Miguel Iríbar
Acabo de leer el ensayo “Planeta Rosa” (EL JUEVES Ediciones), escrito por el periodista Pepe Colubi en clave de humor y profundo desprecio hacia el llamado mundo del corazón; no en vano se subtitula “El casposo mundo de los famosos, famosetes, chismosos y demás morralla”; en él se hace un exhaustivo repaso a gran cantidad de programas y personajuchos que han poblado las televisiones desde principios de los 90, sí, aquella época en la que veíamos a Nieves Herrero y pensábamos con entrañable inocencia que era imposible llegar más bajo. Al rememorar casi con terror algunas escenas increíbles, o recordando la capacidad de algunas familias (los Ubrique, los Jurado, los Rivera-Ordóñez, los Martínez de Irujo…) para generar mierda (no se me ocurre una palabra más exacta), uno piensa de entrada en lo penoso del asunto, en el descalabro de la conciencia colectiva; quizá no exista un futuro digno para la televisión o la telebasura, como no lo existe para el McDonalds y la comida basura, o para la democracia mundial y la política basura; en todo caso, como apunta Colubi, si contamos la máxima audiencia de un líder de lo inmundo como fue “Crónicas Marcianas”, no llegamos ni al millón y medio de espectadores en sus días buenos, es decir, hay 42 millones y medio de españoles que se pasan esa telebasura por el forro, que duermen o hacen el amor o ven otras cosas o aciertan a apagar el dichoso invento catódico.

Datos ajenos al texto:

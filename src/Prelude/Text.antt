-- ===== src/Prelude/Text.antt =====
-- Python's `str` where the code tests it: `lower`, `in`, `startswith` and truth.
-- `lower` follows Python on the Latin and the Russian letters, and leaves every other character.
use Prim.Native.Nat.{ℕ, ◌+◌}
use Prim.Native.Char.{code}
use Prim.Native.String
use Prim.Native.String.{String}
use mathlib.Core.Bool.{Bool, true, false, not, ◌&&◌, ◌||◌}
use mathlib.Core.List.{List, [], ◌∷◌, map, reverse}
use kb_concierge.Prelude.Tests.{leb, ◌==◌, str_eq, if◌then◌else◌}
use kb_concierge.Prelude.Lists.{any}

-- The characters of a text by their code points.
abbrev pub Codes : Type 0
Codes = List ℕ

abbrev pub codes : String → Codes
codes String.[] = []
codes (String.◌∷◌ c s) = code c ∷ codes s

abbrev lower_code : ℕ → ℕ
lower_code c =
    if leb b'A' c && leb c b'Z'
    then c + 32
    else if leb 0x410 c && leb c 0x42F
    then c + 32
    else if c == 0x401
    then 0x451
    else c

abbrev pub lower_codes : Codes → Codes
lower_codes t = map lower_code t

-- `s.lower()`
unfoldable pub lower : String → Codes
lower s = lower_codes (codes s)

-- What is left of a text after as many characters as the first has.
abbrev pub after : Codes → Codes → Codes
after [] t = t
after (c ∷ p) [] = []
after (c ∷ p) (d ∷ t) = after p t

abbrev pub is_prefix : Codes → Codes → Bool
is_prefix [] t = true
is_prefix (c ∷ p) [] = false
is_prefix (c ∷ p) (d ∷ t) = (c == d) && is_prefix p t

-- `p in t`
abbrev pub occurs : Codes → Codes → Bool
occurs p [] = is_prefix p []
occurs p (c ∷ t) = is_prefix p (c ∷ t) || occurs p t

-- `any(n in text for n in needles)`
unfoldable pub any_in : Codes → List String → Bool
any_in text needles = any (λ n. occurs (codes n) text) needles

-- The truth of a text: not empty.
abbrev pub non_empty : String → Bool
non_empty s = not (str_eq s "")

-- The parts of an f-string, one after the other.
unfoldable pub fstring : List String → String
fstring [] = ""
fstring (s ∷ ss) = String.◌++◌ s (fstring ss)

-- `sep.join(texts)`
unfoldable pub join : String → List String → String
join sep [] = ""
join sep (s ∷ []) = s
join sep (s ∷ t ∷ ss) = String.◌++◌ s (String.◌++◌ sep (join sep (t ∷ ss)))

-- `str.isspace` of one character
unfoldable pub is_space : ℕ → Bool
is_space c =
    (leb 9 c && leb c 13)
    || (leb 28 c && leb c 32)
    || (c == 0x85)
    || (c == 0xA0)
    || (c == 0x1680)
    || (leb 0x2000 c && leb c 0x200A)
    || (c == 0x2028)
    || (c == 0x2029)
    || (c == 0x202F)
    || (c == 0x205F)
    || (c == 0x3000)

drop_spaces : Codes → Codes
unfolding is_space
drop_spaces [] = []
drop_spaces (c ∷ t) = let rest = drop_spaces t in if is_space c then rest else c ∷ t

-- `s.strip()`
unfoldable pub strip : Codes → Codes
unfolding drop_spaces
strip t = reverse (drop_spaces (reverse (drop_spaces t)))

-- The number of words, `len(s.split())`; `inside` says that the last character was no space.
unfoldable pub words_from : Bool → Codes → ℕ
unfolding is_space
words_from inside [] = 0
words_from inside (c ∷ t) =
    if is_space c then words_from false t else (if inside then 0 else 1) + words_from true t

unfoldable pub word_count : Codes → ℕ
unfolding words_from
word_count t = words_from false t
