-- ===== src/Prelude/Values.antt =====
-- The values of `json.loads` and of a JSONB column. Of the numbers only the naturals are needed.
use Prim.Native.Nat.{ℕ}
use Prim.Native.String.{String}
use mathlib.Core.Bool.{Bool, true, false, not, ◌||◌}
use mathlib.Core.Option.{Option, none, some}
use mathlib.Core.List.{List, [], ◌∷◌}
use kb_concierge.Prelude.Tests.{◌==◌, str_eq, if◌then◌else◌, Result, ok, err, PyError, type_error}

mutual
  pub data Json : Type 0 where
    null : Json
    bool : Bool → Json
    num : ℕ → Json
    str : String → Json
    arr : Items → Json
    obj : Fields → Json

  pub data Items : Type 0 where
    nil : Items
    cons : Json → Items → Items

  pub data Fields : Type 0 where
    end : Fields
    field : String → Json → Fields → Fields

-- `spec.get(key)`: `none` is a missing key.
unfoldable pub get_field : String → Fields → Option Json
get_field k end = none
get_field k (field j v fs) = if str_eq j k then some v else get_field k fs

-- `bool(x)`
unfoldable pub truth : Json → Bool
truth null = false
truth (bool b) = b
truth (num n) = not (n == 0)
truth (str s) = not (str_eq s "")
truth (arr nil) = false
truth (arr (cons x xs)) = true
truth (obj end) = false
truth (obj (field k v fs)) = true

-- The value of a key, or what `get` is given for a missing one.
abbrev pub get_default : String → Json → Fields → Json
get_default k d fs = elim (get_field k fs) [ none ↦ d | some v ↦ v ]

abbrev pub item_list : Items → List Json
item_list nil = []
item_list (cons x xs) = x ∷ item_list xs

key_list : Fields → List Json
key_list end = []
key_list (field k v fs) = str k ∷ key_list fs

char_list : String → List Json
char_list String.[] = []
char_list (String.◌∷◌ c s) = str (String.◌∷◌ c String.[]) ∷ char_list s

-- `tuple(x)`: a text gives its characters, an object its keys; what is not iterable raises.
unfoldable pub tuple_of : Json → Result PyError (List Json)
unfolding key_list char_list
tuple_of (arr xs) = ok (item_list xs)
tuple_of (obj fs) = ok (key_list fs)
tuple_of (str s) = ok (char_list s)
tuple_of null = err type_error
tuple_of (bool b) = err type_error
tuple_of (num n) = err type_error

is_str : String → Json → Bool
is_str s (str t) = str_eq t s
is_str s _ = false

-- `s in xs`
unfoldable pub has_str : String → List Json → Bool
unfolding is_str
has_str s [] = false
has_str s (x ∷ xs) = is_str s x || has_str s xs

Por supuesto, hay datos que hablan por sí solos: 7 revistas del ramo rosa se reparten la venta de 127 millones de ejemplares al año; cuando comenzó “Crónicas” había ocho programas de televisión dedicados al mundo del corazón, y cuatro años después la cifra aumentó a diecisiete.
Hoy en día terminaríamos antes si contásemos primero aquellos programas que no dedican parte de sus contenidos a este tinglado. Es decir, la guerra está perdida.
El pasado sábado, viendo “Salsa Rosa” como quien traga un jarabe de mal gusto, asistí al espectáculo de un tal Dayron, de GH, que movía el culo delante de una calamidad teñida de rubia que pertenecía al mismo programa y que minutos antes había intercambiado los más soeces insultos con él. Detrás de esta dañina imagen, se veía el rostro de la siguiente invitada, una llorosa mujer que esperaba su presentación tras el triste baile. En dos segundos, esta señora pasó a contar una escalofriante historia de maltratos supuestamente protagonizada por ella y el ex torero Jaime Ostos, a la sazón padrastro de la hija de ésta.
La sensación al ver estos programas se parece cada vez más a la que sufría con el programa del Doctor Beltrán, “En buenas manos”: aguantaba unos segundos hasta que mi sensibilidad y un par de arcadas me obligaban a cambiar de canal, pero por dentro pensaba que aquello era algo natural y no había que tenerle miedo. Por aquel entonces inicié una fase de desconfianza hacia los médicos que ahora relaciono con la que siento hacia los espectadores. Sé que no es nada justo: al menos los médicos hacen algo útil, salvan vidas en nuestro cada vez más rosado planeta.